Сон у Мигеля последние несколько лет был один и тот же. Начинался он так: доска в два фута шириной. Команда: «На абордаж!» Друзья бросаются первыми. Сраженные пулями, они падают в море. Наступает его очередь. Он ставит ногу на доску. Боль. Нестерпимая боль, и он падает. Падает. Но не вслед за друзьями — в море, а на палубу своего корабля. Его ранили. Ранили в руку. И рука теперь болит. Особенно по ночам.
А потом, как обычно, начинал сниться алжирский плен. Там его все звали «одноруким». Это в честь раны, полученной в сражении при Лепанто.
Безотрадное зрелище представляла собой алжирская тюрьма. Ничем не застроенный, огражденный стеною четырехугольник, в котором скучены были плохо одетые и праздные люди, — совершенное подобие скотного двора, где каждая голова была оценена особо. Люди здесь изнывали от палящего солнца, тоски и безделья, сосредотачивая все свои помыслы на одной и той же idee fixe — на ожидании выкупа. Выкуп здесь был единственным предметом всех разговоров. Некоторые не выдерживали и сходили с ума. Тогда, наверное, Мигель и научился по-особому относиться к несчастным, утратившим рассудок. Так они убегали от жестокости мира. Как можно судить их за это? В своей поврежденной алжирской жарой голове, умалишенные находили всему какое-то свое оправдание и им становилось легче. Отчаявшись дождаться выкупа, сумасшедшие придумывали себе огнедышащих драконов, белых лучезарных воинов, Пречистых Дев, которые обязательно должны были явиться к ним на выручку, ибо денег на выкуп все равно, все равно не дождаться. В глубине души Мигель и сам понимал, что эти сумасшедшие, возможно, и его судьба и судьба брата Родриго. Отцу было не собрать положенной суммы. Пройдет еще короткое время и останется лишь ждать прихода лучезарного воина, или Пречистой Девы, беспрестанно творя Ей молитвы и вызывая лишь жалость у своих товарищей да ненависть у мусульман и их прозелитов: кому охота терять свои деньги? Именно таких сумасшедших чаще всего и сажали на кол. Дело в том, что не все из них были тихими. Всё зависело от выбранного образа Спасителя. Пречистая Дева — это одно, но лучезарный воин — совсем другое. Не выдержав, психи начинали буйствовать: им казалось, что на горизонте вдруг появилась целая эскадра, которая спешила к ним на выручку и на флагманском корабле они без всякой подзорной трубы различали своего Спасителя. Он сидел на коне, и конь стоял прямо на палубе. Сидел и давал знать бедному сумасшедшему рукой, что спасение прибудет с минуты на минуту. Бедный псих начинал беспокоиться, призывать к оружию, в отчаянии нападал безоружный на стражу и на следующий день его сажали публично на кол, не замечая даже, что короткий период возбуждения вновь сменялся обычной апатией.
Все усугублялось еще нарочитой бесчеловечностью стражи, щедро расточавшей палочные удары за любую провинность. Ночью алжирский двор-тюрьма заполнялся звуками.
Одни во сне скрипели зубами и стонали, другие задыхались и хрипели, словно их душат.
Эти звуки Мигель до сих пор слышит во сне.
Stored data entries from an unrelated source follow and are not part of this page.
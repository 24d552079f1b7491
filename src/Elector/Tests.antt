-- ===== src/Elector/Tests.antt =====
-- An election in a concrete cluster, and the laws applied to it.
use std.Path.{subst}
use mathlib.Core.List.{Memᴰ}
use netsy.Base.{ℕ, ◌≤◌, ◌≡◌, ◌⊎◌, refl, String, true, none, some, List, [], ◌∷◌, All, arith, negsuc}
use netsy.NodeState.{healthy, replica}
use netsy.Primary.Quorum.{contains}
use netsy.Primary.Receipts.{NoRepeat, AllIn}
use netsy.Elector.Election.{
  Candidate, Entry, none_known, ok, contacted, filter_candidates, is_active, is_healthy,
  choose_primary, elect_primary_once,
}
use netsy.Elector.ElectionLaws.{IsElected, choose_primary_lem}
use netsy.Elector.MajorityLaws.{Answers, elect_primary_once-majority}

abbrev node : String → (latest : ℕ) → Candidate
node id latest = record {
  info = record { node_id = id; member_id = 1; peer_advertise_addr = "a:1" };
  health_state = healthy;
  primary_state = replica;
  latest_revision = latest;
  start_time = 1;
}

-- Two of three nodes hold revision 5, and one of them answers.
abbrev entries : List Entry
entries =
    record { from_map = node "n1" 5; contact = none }
    ∷ record { from_map = node "n2" 5; contact = some (node "n2" 5) }
    ∷ record { from_map = node "n3" 4; contact = some (node "n3" 4) }
    ∷ []

abbrev answers : List Candidate
answers = node "n2" 5 ∷ node "n3" 4 ∷ []

chosen : choose_primary answers ≡ ok (node "n2" 5)
unfolding choose_primary
chosen = refl

choose_primary_lem_example : IsElected answers (node "n2" 5)
choose_primary_lem_example = choose_primary_lem answers (node "n2" 5) chosen

elected : elect_primary_once none_known (negsuc 0) entries ≡ ok (node "n2" 5)
unfolding elect_primary_once
elected = refl

ids_once : NoRepeat ("n1" ∷ "n2" ∷ "n3" ∷ [])
unfolding contains
ids_once = (refl, (refl, (refl, tt)))

holders_once : NoRepeat ("n1" ∷ "n2" ∷ [])
unfolding contains
holders_once = (refl, (refl, tt))

holders_known : AllIn ("n1" ∷ "n2" ∷ []) ("n1" ∷ "n2" ∷ "n3" ∷ [])
unfolding contains
holders_known = (refl, (refl, tt))

all_answer : All Answers entries
all_answer = (λ c h. cc, (λ c h. ground (arith, h), (λ c h. ground (arith, h), tt)))

holders_fresh :
    (d : Candidate)
    → Memᴰ d answers
    → contains d.info.node_id ("n1" ∷ "n2" ∷ []) ≡ true
    → (is_healthy d ≡ true) × (5 ≤ d.latest_revision)
unfolding contains
holders_fresh d (Memᴰ.head e) held = ground (arith, e)
holders_fresh d (Memᴰ.tail (Memᴰ.head e)) held =
    let no_holder : contains "n3" ("n1" ∷ "n2" ∷ []) ≡ true =
      subst (λ (c : Candidate). contains c.info.node_id ("n1" ∷ "n2" ∷ []) ≡ true) e held in
    cc
holders_fresh d (Memᴰ.tail (Memᴰ.tail m)) held = elim m [ ]

elect_primary_once-majority_example :
    (filter_candidates is_active (contacted entries) ≡ node "n2" 5 ∷ []) ⊎ (5 ≤ 5)
unfolding contacted
elect_primary_once-majority_example =
    elect_primary_once-majority none_known entries ("n1" ∷ "n2" ∷ []) 5 (node "n2" 5) ids_once
      all_answer holders_once holders_known (omega arith) holders_fresh elected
Это вопли ада, вопли вконец отчаявшихся людей.
Солнце — вот самый страшный мучитель. Оно выжигает все. От него никуда не деться, а ночь коротка и не дает насладиться долгожданной прохладой.
Редко старинные двустворчатые ворота начинают со скрипом и грохотом открываться, принимая или выплевывая наружу людей.
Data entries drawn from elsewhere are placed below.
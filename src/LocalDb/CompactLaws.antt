-- ===== src/LocalDb/CompactLaws.antt =====
-- Compaction removes history and nothing that a client reads at the present revision.

use netsy.Base.{
  ℕ, ◌≤◌, ◌<◌, ◌≡◌, ◌≢◌, refl, true, false, Option, none, some, List, [], ◌∷◌, map, arith, ◌==◌,
  Bytes, bytes_equal, bytes_equal_iff, is_some, Bool-cases, Option-cases, inl, inr, All, ◌⊎◌,
}
use netsy.LocalDb.{Record, Db, latest_for_key, live_row, live, revision_of}
use netsy.LocalDb.Compact.{has_newer, to_compact, compact_row, count_to_compact, execute_compaction}

latest_for_key-key :
    (k : Bytes) (rs : List Record) {r : Record}
    → latest_for_key k rs ≡ some r
    → bytes_equal r.key k ≡ true
unfolding latest_for_key
latest_for_key-key k [] e = cc
latest_for_key-key k (q ∷ qs) {r} e = elim (Option-cases (latest_for_key k qs)) [
  | inl missing ↦ ground arith
  | inr (s, found) ↦ ground (arith, latest_for_key-key k qs {r = s} found)
]

has_newer-latest :
    (k : Bytes) (n : ℕ) (rs : List Record)
    → revision_of (latest_for_key k rs) ≤ n
    → has_newer k n rs ≡ false
unfolding latest_for_key has_newer
has_newer-latest k n [] h = refl
has_newer-latest k n (q ∷ qs) h = ground (arith, has_newer-latest k n qs)

abbrev on_some : (Record → Record) → Option Record → Option Record
on_some f none = none
on_some f (some r) = some (f r)

module _ (all : List Record) (rev now : ℕ) where
  latest_for_key-compact :
      (k : Bytes) (rs : List Record)
      → latest_for_key k (map (compact_row all rev now) rs)
        ≡ on_some (compact_row all rev now) (latest_for_key k rs)
  unfolding latest_for_key compact_row
  latest_for_key-compact k [] = refl
  latest_for_key-compact k (q ∷ qs) = ground (arith, latest_for_key-compact k qs)

live_row-compact :
    (k : Bytes) (rs : List Record) (rev now : ℕ)
    → live_row (on_some (compact_row rs rev now) (latest_for_key k rs))
      ≡ live_row (latest_for_key k rs)
unfolding compact_row to_compact
live_row-compact k rs rev now = elim (Option-cases (latest_for_key k rs)) [
  | inl missing ↦ ground arith
  | inr (r, found) ↦ ground (
    arith,
    (bytes_equal_iff r.key k).0 (latest_for_key-key k rs {r = r} found),
    has_newer-latest k r.revision rs,
  )
]

-- Compaction, at any revision, leaves every key readable as it was: its present row keeps its value,
-- and an absent key stays absent.
pub live-execute_compaction :
    (db : Db) (rev now : ℕ) (k : Bytes)
    → live k (execute_compaction db rev now).0.records ≡ live k db.records
unfolding execute_compaction
live-execute_compaction db rev now k = ground (
  arith,
  latest_for_key-compact db.records rev now k db.records,
  live_row-compact k db.records rev now,
)

compact_row-kept :
    (rs : List Record) (rev now : ℕ) (q : Record)
    → to_compact rs rev q ≡ false
    → compact_row rs rev now q ≡ q
unfolding compact_row
compact_row-kept rs rev now q h = ground arith

module _ (all : List Record) (rev now : ℕ) where
  has_newer-compact :
      (k : Bytes) (n : ℕ) (rs : List Record)
      → has_newer k n (map (compact_row all rev now) rs) ≡ has_newer k n rs
  unfolding has_newer compact_row
  has_newer-compact k n [] = refl
  has_newer-compact k n (q ∷ qs) = ground (arith, has_newer-compact k n qs)

  -- A row that has been through the compaction is not compacted again.
  settled :
      (rev' : ℕ) (q : Record)
      → rev' ≤ rev
      → to_compact (map (compact_row all rev now) all) rev' (compact_row all rev now q) ≡ false
  unfolding to_compact compact_row
  settled rev' q le = ground (
    arith,
    has_newer-compact q.key q.revision all,
    has_newer-compact (compact_row all rev now q).key (compact_row all rev now q).revision all,
  )

  map-settled :
      (rev' later : ℕ) (rs : List Record)
      → rev' ≤ rev
      → (map
            (compact_row (map (compact_row all rev now) all) rev' later)
            (map (compact_row all rev now) rs)
          ≡ map (compact_row all rev now) rs)
        × (count_to_compact
              (map (compact_row all rev now) all)
              rev'
              (map (compact_row all rev now) rs)
            ≡ 0)
  unfolding count_to_compact
  map-settled rev' later [] le = (refl, refl)
  map-settled rev' later (q ∷ qs) le =
      let rest = map-settled rev' later qs le in
      (
        ground (
          arith,
          rest.0,
          compact_row-kept (map (compact_row all rev now) all) rev' later
              (compact_row all rev now q) (settled rev' q le),
        ),
        ground (arith, settled rev' q le),
      )

-- Compacting again, at the same or a lower revision, changes no row and reports none.
pub execute_compaction_again :
    (db : Db) (rev now rev' later : ℕ)
    → rev' ≤ rev
    → execute_compaction (execute_compaction db rev now).0 rev' later
      ≡ ((execute_compaction db rev now).0, 0)
unfolding execute_compaction
execute_compaction_again db rev now rev' later le =
    ground (arith, map-settled db.records rev now rev' later db.records le)

-- A row at or below `rev` that is not compacted is the present row of its key.
abbrev pub IsPresentOr : List Record → ℕ → Record → Type 0
IsPresentOr all rev q =
    (rev < q.revision)
    ⊎ (is_some q.compacted_at ≡ true)
    ⊎ ((q.deleted ≡ false) × (has_newer q.key q.revision all ≡ false))

compact_row-IsPresentOr :
    (all : List Record) (rev now : ℕ) (q : Record) → IsPresentOr all rev (compact_row all rev now q)
unfolding compact_row to_compact
compact_row-IsPresentOr all rev now q = ground arith

map-IsPresentOr :
    (all : List Record) (rev now : ℕ) (rs : List Record)
    → All (IsPresentOr all rev) (map (compact_row all rev now) rs)
map-IsPresentOr all rev now [] = tt
map-IsPresentOr all rev now (q ∷ qs) =
    (compact_row-IsPresentOr all rev now q, map-IsPresentOr all rev now qs)

-- After a compaction at a revision above 0, every row at or below that revision has been compacted,
-- but for rows that are no tombstone and the newest of their key.
pub execute_compaction-leaves :
    (db : Db) (rev now : ℕ)
    → rev ≢ 0
    → All (IsPresentOr db.records rev) (execute_compaction db rev now).0.records
execute_compaction-leaves db rev now positive = elim (Bool-cases (rev == 0)) [
  | inl e ↦ absurd (positive (ground arith))
  | inr e ↦ unfold execute_compaction in rw e (map-IsPresentOr db.records rev now db.records)
]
Это происходит, когда в Алжир доставляют выкуп. Но вместе с выкупом часто прибывает и новая партия страдальцев.
Их бросают сюда, на жаровню, как еще одну порцию свежего мяса. Но пройдет совсем немного времени, и это мясо обуглится и начнет корчится от зноя, боли и безделья.
Правда есть выход из этого ада. Надо только принять ислам и совершить обряд обрезания. Тогда скрипучие ворота сразу распахнутся перед тобой и ты сразу сможешь покончить с этими невыносимыми муками. Тебе разрешат укрыться в тени. Но это будет тень другой религии, тень другого Бога.
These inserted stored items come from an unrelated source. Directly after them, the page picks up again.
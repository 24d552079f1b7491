-- ===== src/LocalDb/FindAll.antt =====
-- `FindRecordsAfterRevision` and `FindAllRecordsForSnapshot` of internal/localdb/find.go.
use netsy.Base.{ℕ, List, ltb, leb, select, sort_by}
use netsy.LocalDb.{Record, Db}

-- WHERE revision > ? ORDER BY revision ASC
unfoldable pub find_records_after_revision : Db → (revision : ℕ) → List Record
find_records_after_revision db revision =
    sort_by (λ (r : Record). r.revision)
      (select (λ (r : Record). ltb revision r.revision) db.records)

-- WHERE revision <= ? ORDER BY revision ASC
unfoldable pub find_all_records_for_snapshot : Db → (up_to_revision : ℕ) → List Record
find_all_records_for_snapshot db up_to_revision =
    sort_by (λ (r : Record). r.revision)
      (select (λ (r : Record). leb r.revision up_to_revision) db.records)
А Свет, как назло, в алжирской тюрьме становился безжалостным врагом. И верных христиан, сумевших вынести это мучительное испытание Светом, можно было определить сразу. Нет, их лица, как лица мучеников, не излучали Свет. От него и так рябило в глазах, и все цвета дружно сливались в один — белый, а ткань в короткий срок от пота и грязи буквально горела на теле, становясь белесой.